> ASSIGNMENT
Searching the material below, find each line that includes the word "Truncate", and copy it.

══ SOURCE MATERIAL ══

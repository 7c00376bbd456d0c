-- ===== src/Server/Truncate/Skip.antt =====
-- Skipping names and questions on any message.
use hydra_dns.Base.{
  ℕ, zero, suc, ◌+◌, ◌≤◌, ◌<◌, arith, length, get_or, inl, inr, Result-cases, Succeeds,
  Succeeds-value, Bytes, byte_at_lem,
}
use hydra_dns.Server.Truncate.{skip_qname_loop, skip_qname, question_section_loop}

-- Skipping a name ends, and stays between where it began and the end of the message.
Succeeds-skip_qname_loop :
    (fuel : ℕ) (msg : Bytes) (at : ℕ)
    → length msg < fuel + at
    → at ≤ length msg
    → Succeeds (λ r. (at ≤ r) × (r ≤ length msg)) (skip_qname_loop fuel msg at)
unfolding skip_qname_loop
Succeeds-skip_qname_loop zero msg at h inside = absurd (omega arith)
Succeeds-skip_qname_loop (suc fuel) msg at h inside =
    let len = get_or msg at 0 in
    let next = skip_qname_loop fuel msg (at + 1 + len) in
    elim (Result-cases next) [
      | inl (r, e) ↦ ground (
        arith,
        byte_at_lem msg at,
        e,
        λ (room : at + 1 + len ≤ length msg).
            Succeeds-skip_qname_loop fuel msg (at + 1 + len) (omega arith) room,
      )
      | inr (why, e) ↦ ground (
        arith,
        byte_at_lem msg at,
        e,
        λ (room : at + 1 + len ≤ length msg).
            Succeeds-skip_qname_loop fuel msg (at + 1 + len) (omega arith) room,
      )
    ]

pub Succeeds-question_section_loop :
    (count : ℕ) (msg : Bytes) (at : ℕ)
    → at ≤ length msg
    → Succeeds (λ r. (at ≤ r) × (r ≤ length msg)) (question_section_loop count msg at)
unfolding question_section_loop skip_qname
Succeeds-question_section_loop zero msg at inside = omega arith
Succeeds-question_section_loop (suc count) msg at inside =
    let skipped = Succeeds-skip_qname_loop (suc (length msg)) msg at (omega arith) inside in
    let (at', e, a) = Succeeds-value (λ r. (at ≤ r) × (r ≤ length msg)) _ skipped in
    ground (
      arith,
      e,
      a,
      λ (room : at' + 4 ≤ length msg). Succeeds-question_section_loop count msg (at' + 4) room,
    )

═══

> SOLUTION FOR THIS PROBLEM
-- ===== src/Server/Truncate/Skip.antt =====
use hydra_dns.Server.Truncate.{skip_qname_loop, skip_qname, question_section_loop}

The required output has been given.